Stored data entries:
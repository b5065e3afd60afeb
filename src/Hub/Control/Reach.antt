-- ===== src/Hub/Control/Reach.antt =====
-- What holds of the hub's globals whatever comes from the console and from the server.
use sensaurus.Prelude.{
  ℕ, ◌^◌, ◌<◌, ◌≤◌, ◌≡◌, ◌∙◌, arith, List, Option, some, set, length, length-set, Option-cases, inl,
  inr, Text,
}
use sensaurus.CText.{c_str}
use sensaurus.CText.Number.{Printer}
use sensaurus.ProcessingQueue.{QueueItem, Fifo}
use sensaurus.Hub.Control.{
  Control, Doc, no_doc, Build, Command, set_poll, to_device, command_of, poll_interval_of,
  message_device, run, run_command, process_byte_from_computer, handle_incoming_message,
}

-- The devices are polled at intervals of half a second at least, which fit a signed 32-bit number,
-- and the console's buffer keeps its size and has room for a NUL.
pub record IsSound {Float Queue : Type 0} (s : Control Float Queue) : Type 0 where
  pub slow : 500 ≤ s.poll_interval
  pub fits : s.poll_interval < 2 ^ 31
  pub console_size : length s.console_message ≡ 40
  pub console_index : s.console_message_index ≤ 39

poll_interval_of_bounds : (n : ℕ) → (500 ≤ poll_interval_of n) × (poll_interval_of n < 2 ^ 31)
unfolding poll_interval_of
poll_interval_of_bounds n = ground arith

module _ {Float : Type 0} (f : Fifo QueueItem) (p : Printer) (dec : ℕ → Text) where
  message_device-IsSound :
      (build : Build Float) (s t : Control Float f.Queue) (first : ℕ) (text : Text)
      → IsSound s
      → message_device f p dec build s first text ≡ some t
      → IsSound t
  unfolding message_device
  message_device-IsSound build s t first text h e = ground arith

  run-IsSound :
      (build : Build Float) (s t : Control Float f.Queue) (c : Command) (doc : Doc)
      → IsSound s
      → run f p dec build s c doc ≡ some t
      → IsSound t
  unfolding run
  run-IsSound build s t set_poll doc h e = ground (arith, poll_interval_of_bounds doc.poll_seconds)
  run-IsSound build s t (to_device first text) doc h e =
      message_device-IsSound build s t first text h e
  run-IsSound build s t _ doc h e = ground arith

  run_command-IsSound :
      (build : Build Float) (s t : Control Float f.Queue) (text : Text) (doc : Doc)
      → IsSound s
      → run_command f p dec build s text doc ≡ some t
      → IsSound t
  unfolding run_command
  run_command-IsSound build s t text doc h e = run-IsSound build s t (command_of text) doc h e

  pub process_byte-IsSound :
      (build : Build Float) (s t : Control Float f.Queue) (c : ℕ)
      → IsSound s
      → process_byte_from_computer f p dec build s c ≡ some t
      → IsSound t
  unfolding process_byte_from_computer
  process_byte-IsSound build s t c h e =
      let message = set s.console_message s.console_message_index 0 in
      let ended : Control Float f.Queue = record s { console_message = message } in
      let ended-IsSound : IsSound ended = record {
        slow = h.slow;
        fits = h.fits;
        console_size = length-set s.console_message s.console_message_index 0 ∙ h.console_size;
        console_index = h.console_index;
      } in
      elim (Option-cases (run_command f p dec build ended (c_str message) no_doc)) [
        | inl fault ↦
            ground (arith, fault, h.slow, length-set s.console_message s.console_message_index c)
        | inr (u, ran) ↦
            let u-IsSound =
              run_command-IsSound build ended u (c_str message) no_doc ended-IsSound ran in
            ground
              (arith, ran, u-IsSound.slow, length-set s.console_message s.console_message_index c)
      ]

  pub handle_incoming-IsSound :
      (build : Build Float) (read : Text → Option Text × Doc) (s t : Control Float f.Queue)
      (payload : List ℕ)
      → IsSound s
      → handle_incoming_message f p dec build read s payload ≡ some t
      → IsSound t
  unfolding handle_incoming_message
  handle_incoming-IsSound build read s t payload h e =
      elim (Option-cases (read (c_str payload)).0) [
        | inl none_there ↦ ground (arith, none_there)
        | inr (name, there) ↦
            elim (Option-cases (run_command f p dec build s name (read (c_str payload)).1)) [
              | inl fault ↦ absurd (ground (arith, there, fault))
              | inr (u, ran) ↦
                  let u-IsSound =
                    run_command-IsSound build s u name (read (c_str payload)).1 h ran in
                  ground (arith, there, ran, u-IsSound.slow)
            ]
      ]

  -- What may come: a byte at the console, or a message of the server, whatever the build answers.
  pub data Input : Control Float f.Queue → Control Float f.Queue → Type 0 where
    typed :
        (s t : Control Float f.Queue) (build : Build Float) (c : ℕ)
        → process_byte_from_computer f p dec build s c ≡ some t
        → Input s t
    received :
        (s t : Control Float f.Queue) (build : Build Float) (read : Text → Option Text × Doc)
        (payload : List ℕ)
        → handle_incoming_message f p dec build read s payload ≡ some t
        → Input s t

  pub data Inputs (s : Control Float f.Queue) : Control Float f.Queue → Type 0 where
    here : Inputs s s
    next : {t u : Control Float f.Queue} → Inputs s t → Input t u → Inputs s u

  -- Whatever comes from the console and from the server, in whatever order, the interval of polling
  -- stays between half a second and 2 ^ 31 milliseconds, and the console's index within its buffer,
  -- if they were so at the start.
  pub Inputs-IsSound : {s t : Control Float f.Queue} → IsSound s → Inputs s t → IsSound t
  Inputs-IsSound h here = h
  Inputs-IsSound h (next inputs (typed s t build c e)) =
      process_byte-IsSound build s t c (Inputs-IsSound h inputs) e
  Inputs-IsSound h (next inputs (received s t build read payload e)) =
      handle_incoming-IsSound build read s t payload (Inputs-IsSound h inputs) e
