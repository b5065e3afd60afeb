-- ===== src/ProcessingQueue/Sample.antt =====
-- A queue of items held as a list.
use sensaurus.Prelude.{ℕ, ◌≡◌, refl, arith, List, [], ◌∷◌, ◌++◌, length, ltb, if◌then◌else◌}
use sensaurus.ProcessingQueue.{request_none, QueueItem, status_item, Fifo}

abbrev pub push_list : List QueueItem × ℕ → QueueItem → List QueueItem × ℕ
push_list q a = (if ltb (length q.0) q.1 then q.0 ++ a ∷ [] else q.0, q.1)

abbrev pub pop_list : List QueueItem × ℕ → QueueItem × (List QueueItem × ℕ)
pop_list ([], n) = (status_item request_none, ([], n))
pop_list (a ∷ xs, n) = (a, (xs, n))

pub pop_list_first :
    (q : List QueueItem × ℕ) (a : QueueItem) (rest : List QueueItem)
    → q.0 ≡ a ∷ rest
    → ((pop_list q).0 ≡ a) × ((pop_list q).1.0 ≡ rest)
pop_list_first ([], n) a rest e = absurd (ground arith)
pop_list_first (x ∷ xs, n) a rest e = (ground arith, ground arith)

pub pop_list_empty :
    (q : List QueueItem × ℕ)
    → q.0 ≡ []
    → ((pop_list q).0 ≡ status_item request_none) × ((pop_list q).1.0 ≡ [])
pop_list_empty ([], n) e = (refl, refl)
pop_list_empty (x ∷ xs, n) e = absurd (ground arith)

pub room-pop_list : (q : List QueueItem × ℕ) → (pop_list q).1.1 ≡ q.1
room-pop_list ([], n) = refl
room-pop_list (x ∷ xs, n) = refl

abbrev pub list_fifo : Fifo QueueItem
list_fifo = record {
  Queue = List QueueItem × ℕ;
  blank = status_item request_none;
  make = λ n. ([], n);
  count = λ q. length q.0;
  push = push_list;
  pop = pop_list;
  held = λ q. q.0;
  room = λ q. q.1;
  held-make = λ n. refl;
  room-make = λ n. refl;
  count_is = λ q. refl;
  held-push = λ q a. refl;
  room-push = λ q a. refl;
  pop_empty = pop_list_empty;
  pop_first = pop_list_first;
  room-pop = room-pop_list;
}
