-- ===== src/Mqtt/Varint/RoundTrip.antt =====
-- internal/mqtt/packet.go: what `appendVarint` writes is what `readVarint` reads.
use Prim.Native.Nat.{bit_or}
use mathlib.Core.WellFounded.{Acc}
use native.Mathlib.Nat.{div-add-mod}
use native.Mathlib.Numerals.{towards_suc}
use enisa_sbd_example.Common.{
  ℕ, zero, suc, ◌+◌, ◌*◌, ◌/◌, ◌%◌, ◌^◌, ◌<◌, ◌≤◌, ◌≡◌, ap, [], ◌∷◌, ◌++◌, append_assoc, Bytes,
  length, ok, arith,
}
use enisa_sbd_example.Common.Bits.{bit_and-0x7f, bit_and-0x80, bit_or-0x80}
use enisa_sbd_example.Common.Order.{lt_wf}
use enisa_sbd_example.Mqtt.Wire.{IoError, Stream, read_byte}
use enisa_sbd_example.Mqtt.Varint.{
  read_varint_from, read_varint, append_varint_from, append_varint, quotient_lt,
}

-- The loop only appends.
append_varint_from-eq :
    (b : Bytes) (n : ℕ) (w : Acc ◌<◌ n) → append_varint_from b n w ≡ b ++ append_varint_from [] n w
unfolding append_varint_from
append_varint_from-eq b n (Acc.intro _ smaller) =
    let digit : Bytes = bit_or (n % 128) 0x80 ∷ [] in
    grind (
      arith,
      λ (p : 0 < n / 128).
          append_varint_from-eq (b ++ digit) (n / 128) (smaller _ (quotient_lt n p)),
      λ (p : 0 < n / 128). append_varint_from-eq digit (n / 128) (smaller _ (quotient_lt n p)),
      λ (p : 0 < n / 128).
          append_assoc b digit (append_varint_from [] (n / 128) (smaller _ (quotient_lt n p))),
    )

pub append_varint-eq : (b : Bytes) (n : ℕ) → append_varint b n ≡ b ++ append_varint [] n
unfolding append_varint
append_varint-eq b n = append_varint_from-eq b n (lt_wf.apply n)

shift_seven : (s : ℕ) → 2 ^ (s + 7) ≡ 128 * 2 ^ s
shift_seven s = simp towards_suc (omega arith)

-- The lowest seven bits, and the others at their place.
split_low : (n s : ℕ) → n * 2 ^ s ≡ n % 128 * 2 ^ s + n / 128 * 2 ^ (s + 7)
split_low n s = omega (
  arith,
  ap (λ (t : ℕ). t * 2 ^ s) (div-add-mod n 128),
  ap (λ (t : ℕ). n / 128 * t) (shift_seven s),
)

module _ (rest : Bytes) (ending : IoError) where
  abbrev stream : Bytes → Stream
  stream b = record { bytes = b ++ rest; ending = ending }

  read_last_byte :
      (rounds n value multiplier : ℕ)
      → n < 128
      → read_varint_from (suc rounds) value multiplier (stream (n ∷ []))
        ≡ ok (value + n * 2 ^ multiplier, stream [])
  unfolding read_varint_from read_byte
  read_last_byte rounds n value multiplier h = ground (arith, bit_and-0x7f n, bit_and-0x80 n)

  read_inner_byte :
      (rounds d value multiplier : ℕ) (b : Bytes)
      → d < 128
      → read_varint_from (suc rounds) value multiplier (stream (bit_or d 0x80 ∷ b))
        ≡ read_varint_from rounds (value + d * 2 ^ multiplier) (multiplier + 7) (stream b)
  unfolding read_varint_from read_byte
  read_inner_byte rounds d value multiplier b h =
      ground (arith, bit_or-0x80 d, bit_and-0x7f (d + 128), bit_and-0x80 (d + 128))

  read_varint_from-append_varint_from :
      (rounds n value multiplier : ℕ) (w : Acc ◌<◌ n)
      → n < 128 ^ suc rounds
      → read_varint_from (suc rounds) value multiplier (stream (append_varint_from [] n w))
        ≡ ok (value + n * 2 ^ multiplier, stream [])
  unfolding append_varint_from
  read_varint_from-append_varint_from zero n value multiplier (Acc.intro _ smaller) h =
      ground (arith, read_last_byte 0 n value multiplier)
  read_varint_from-append_varint_from (suc rounds) n value multiplier (Acc.intro _ smaller) h =
      grind (
        arith,
        read_last_byte (suc rounds) n value multiplier,
        split_low n multiplier,
        λ (p : 0 < n / 128).
            append_varint_from-eq (bit_or (n % 128) 0x80 ∷ []) (n / 128)
              (smaller _ (quotient_lt n p)),
        λ (p : 0 < n / 128).
            read_inner_byte (suc rounds) (n % 128) value multiplier
              (append_varint_from [] (n / 128) (smaller _ (quotient_lt n p))),
        λ (p : 0 < n / 128).
            read_varint_from-append_varint_from rounds (n / 128) (value + n % 128 * 2 ^ multiplier)
              (multiplier + 7) (smaller _ (quotient_lt n p)) (omega arith),
      )

-- For every length below 2 ^ 28, `readVarint` reads back what `appendVarint` appended, and leaves
-- the bytes that follow.
pub read_varint-append_varint :
    (n : ℕ) (rest : Bytes) (ending : IoError)
    → n < 2 ^ 28
    → read_varint (record { bytes = append_varint [] n ++ rest; ending = ending })
      ≡ ok (n, record { bytes = rest; ending = ending })
unfolding read_varint append_varint
read_varint-append_varint n rest ending h =
    let e : 0 + n * 2 ^ 0 ≡ n = omega arith in
    rw e at (read_varint_from-append_varint_from rest ending 3 n 0 0 (lt_wf.apply n) h)

-- It takes one to four bytes.
length-append_varint_from :
    (rounds n : ℕ) (w : Acc ◌<◌ n)
    → n < 128 ^ suc rounds
    → (1 ≤ length (append_varint_from [] n w)) × (length (append_varint_from [] n w) ≤ suc rounds)
unfolding append_varint_from
length-append_varint_from zero n (Acc.intro _ smaller) h = ground arith
length-append_varint_from (suc rounds) n (Acc.intro _ smaller) h = grind (
  arith,
  λ (p : 0 < n / 128).
      append_varint_from-eq (bit_or (n % 128) 0x80 ∷ []) (n / 128) (smaller _ (quotient_lt n p)),
  λ (p : 0 < n / 128).
      length-append_varint_from rounds (n / 128) (smaller _ (quotient_lt n p)) (omega arith),
)

pub length-append_varint :
    (n : ℕ) → n < 2 ^ 28 → (1 ≤ length (append_varint [] n)) × (length (append_varint [] n) ≤ 4)
unfolding append_varint
length-append_varint n h = length-append_varint_from 3 n (lt_wf.apply n) h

_Problem statement_
An exact copy of the lines above, from the one containing "let message = set" through the one containing "fits = h.fits;", is the whole of the answer.

_Reply to the task_
      let message = set s.console_message s.console_message_index 0 in
      let ended : Control Float f.Queue = record s { console_message = message } in
      let ended-IsSound : IsSound ended = record {
        slow = h.slow;
        fits = h.fits;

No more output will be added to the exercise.